Why You’ll Love This Recipe:
This Crockpot Chicken Cacciatore is a must-try for its simplicity and outstanding taste. Perfect for busy weekdays or leisurely weekends, it transforms basic ingredients into a flavorful and satisfying dish. The slow-cooking process tenderizes the chicken and melds the flavors beautifully. It’s a healthy, comforting meal that feels indulgent but fits into a balanced diet. Plus, it’s incredibly versatile, allowing you to customize it to your preferences or what you have on hand.
Ingredients Notes:
- Chicken: Bone-in, skinless chicken thighs are ideal for this recipe, as they become incredibly tender and juicy when slow-cooked.
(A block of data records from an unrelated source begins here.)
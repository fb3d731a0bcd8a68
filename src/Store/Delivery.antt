-- ===== src/Store/Delivery.antt =====
-- control/sjg_control/store.py: routes of events to roles, and the deliveries that carry them. A
-- delivery is queued, leased, run and finished; its routes follow it.
use scrum_jail_governance_pl.Base.{
  String, ◌==◌, Bool, true, false, not, ◌&&◌, ◌||◌, Option, none, some, List, [], ◌∷◌, map,
  if◌then◌else◌, is_some, is_empty, or_else, is_text, sorted_set, same_texts,
}
use scrum_jail_governance_pl.Base.Table.{select, update, exists, filter}
use scrum_jail_governance_pl.Store.Schema.{
  Store, ObservedEvent, Delivery, DeliveryState, RouteTarget, RouteState, DeliveryEvent,
}
use scrum_jail_governance_pl.Store.Action.{
  Action, Done, state_error, integrity_error, ◌>>=◌, ◌>>◌, pure, raise, raise_if, gets, modify,
  or_raise, immediate,
}

abbrev pub by_event : String → ObservedEvent → Bool
by_event event_id row = row.event_id == event_id

abbrev pub at_route : String → String → RouteTarget → Bool
at_route event_id role row = row.event_id == event_id && row.role == role

abbrev pub by_delivery : String → Delivery → Bool
by_delivery delivery_id row = row.delivery_id == delivery_id

abbrev pub pending_route : String → String → RouteTarget
pending_route event_id role = record {
  event_id = event_id;
  role = role;
  state = RouteState.pending;
  delivery_id = none;
}

-- INSERT OR IGNORE; the reference to `observed_event` is not covered by OR IGNORE.
unfoldable pub add_route : String → String → Action Done
add_route event_id role s =
    if exists (at_route event_id role) s.routes
    then (pure tt) s
    else if exists (by_event event_id) s.observed
    then (modify (λ s. record s { routes = pending_route event_id role ∷ s.routes })) s
    else (raise (state_error "route references an unknown observed event")) s

-- UPDATE delivery SET f WHERE delivery_id=?
abbrev pub set_delivery : String → (Delivery → Delivery) → Store → Store
set_delivery delivery_id f s = record s {
  deliveries = update (by_delivery delivery_id) f s.deliveries;
}

-- UPDATE route_target SET state=? WHERE delivery_id=?
abbrev pub set_routes : String → RouteState → Store → Store
set_routes delivery_id state s = record s {
  routes =
      update (λ row. is_text row.delivery_id delivery_id) (λ row. record row { state = state })
        s.routes;
}

abbrev is_free : RouteTarget → Bool
is_free row = elim row.state [ RouteState.pending ↦ not (is_some row.delivery_id) | _ ↦ false ]

-- The loop that admits only pending routes without a delivery.
unfoldable pub check_routes : String → List String → Action Done
check_routes role [] = pure tt
check_routes role (event_id ∷ rest) = do
  row ←
      or_raise (← gets (λ s. select (at_route event_id role) s.routes))
        (state_error "route is absent or already assigned")
  raise_if (not (is_free row)) (state_error "route is absent or already assigned")
  check_routes role rest

abbrev pub bind_route : String → String → String → Store → Store
bind_route delivery_id role event_id s = record s {
  delivery_events =
      record { delivery_id = delivery_id; event_id = event_id; role = role } ∷ s.delivery_events;
  routes =
      update (at_route event_id role)
        (λ row. record row { state = RouteState.queued; delivery_id = some delivery_id }) s.routes;
}

-- The loop that binds the routes to the new delivery.
unfoldable pub bind_routes : String → String → List String → Store → Store
bind_routes delivery_id role [] s = s
bind_routes delivery_id role (event_id ∷ rest) s =
    bind_routes delivery_id role rest (bind_route delivery_id role event_id s)

abbrev pub new_delivery : String → String → String → String → Delivery
new_delivery delivery_id idempotency_key role eligible_at = record {
  delivery_id = delivery_id;
  idempotency_key = idempotency_key;
  role = role;
  state = DeliveryState.queued;
  attempt = 0;
  eligible_at = eligible_at;
  lease_owner = none;
  lease_until = none;
  last_error = none;
}

-- SELECT event_id FROM delivery_event WHERE delivery_id=? ORDER BY event_id
abbrev pub bound_events : String → Store → List String
bound_events delivery_id s = sorted_set (
    map (λ row. row.event_id)
      (filter (λ (row : DeliveryEvent). row.delivery_id == delivery_id) s.delivery_events))

-- The key is known: the same role and events give the same delivery.
replay_delivery : String → List String → Delivery → Action String
replay_delivery role unique existing = do
  raise_if (not (existing.role == role))
      (state_error "delivery idempotency key is bound to another role")
  raise_if (not (same_texts (← gets (bound_events existing.delivery_id)) unique))
      (state_error "delivery idempotency key is bound to different events")
  pure existing.delivery_id

insert_delivery : String → List String → String → String → String → Action String
unfolding check_routes bind_routes
insert_delivery role unique idempotency_key eligible_at fresh = do
  check_routes role unique
  raise_if (← gets (λ s. exists (by_delivery fresh) s.deliveries)) integrity_error
  modify (λ s. record s {
    deliveries = new_delivery fresh idempotency_key role eligible_at ∷ s.deliveries;
  })
  modify (bind_routes fresh role unique)
  pure fresh

enqueue_unique : String → List String → String → String → String → Action String
unfolding replay_delivery insert_delivery
enqueue_unique role unique idempotency_key eligible_at fresh = do
  existing ← gets (λ s. select (λ row. row.idempotency_key == idempotency_key) s.deliveries)
  elim existing [
    | some row ↦ replay_delivery role unique row
    | none ↦ insert_delivery role unique idempotency_key eligible_at fresh
  ]

abbrev pub is_nil {ℓ} : {A : Type ℓ} → List A → Bool
is_nil [] = true
is_nil (_ ∷ _) = false

unfoldable pub enqueue_delivery :
    String → List String → String → Option String → String → String → Action String
unfolding enqueue_unique
enqueue_delivery role event_ids idempotency_key eligible_at fresh now = do
  let unique = sorted_set event_ids
  raise_if (is_empty role || is_nil unique || is_empty idempotency_key)
      (state_error "delivery requires a role, events, and idempotency key")
  immediate (enqueue_unique role unique idempotency_key (or_else eligible_at now) fresh)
Boneless chicken thighs or breasts work too, but they may cook slightly faster.
- Tomatoes: Use canned diced tomatoes for convenience, but fire-roasted varieties add extra depth of flavor.
- Vegetables: Bell peppers, onions, and mushrooms are traditional, but feel free to include zucchini or eggplant for a twist.
- Wine: Dry red wine enhances the sauce, but chicken broth can be used for an alcohol-free version.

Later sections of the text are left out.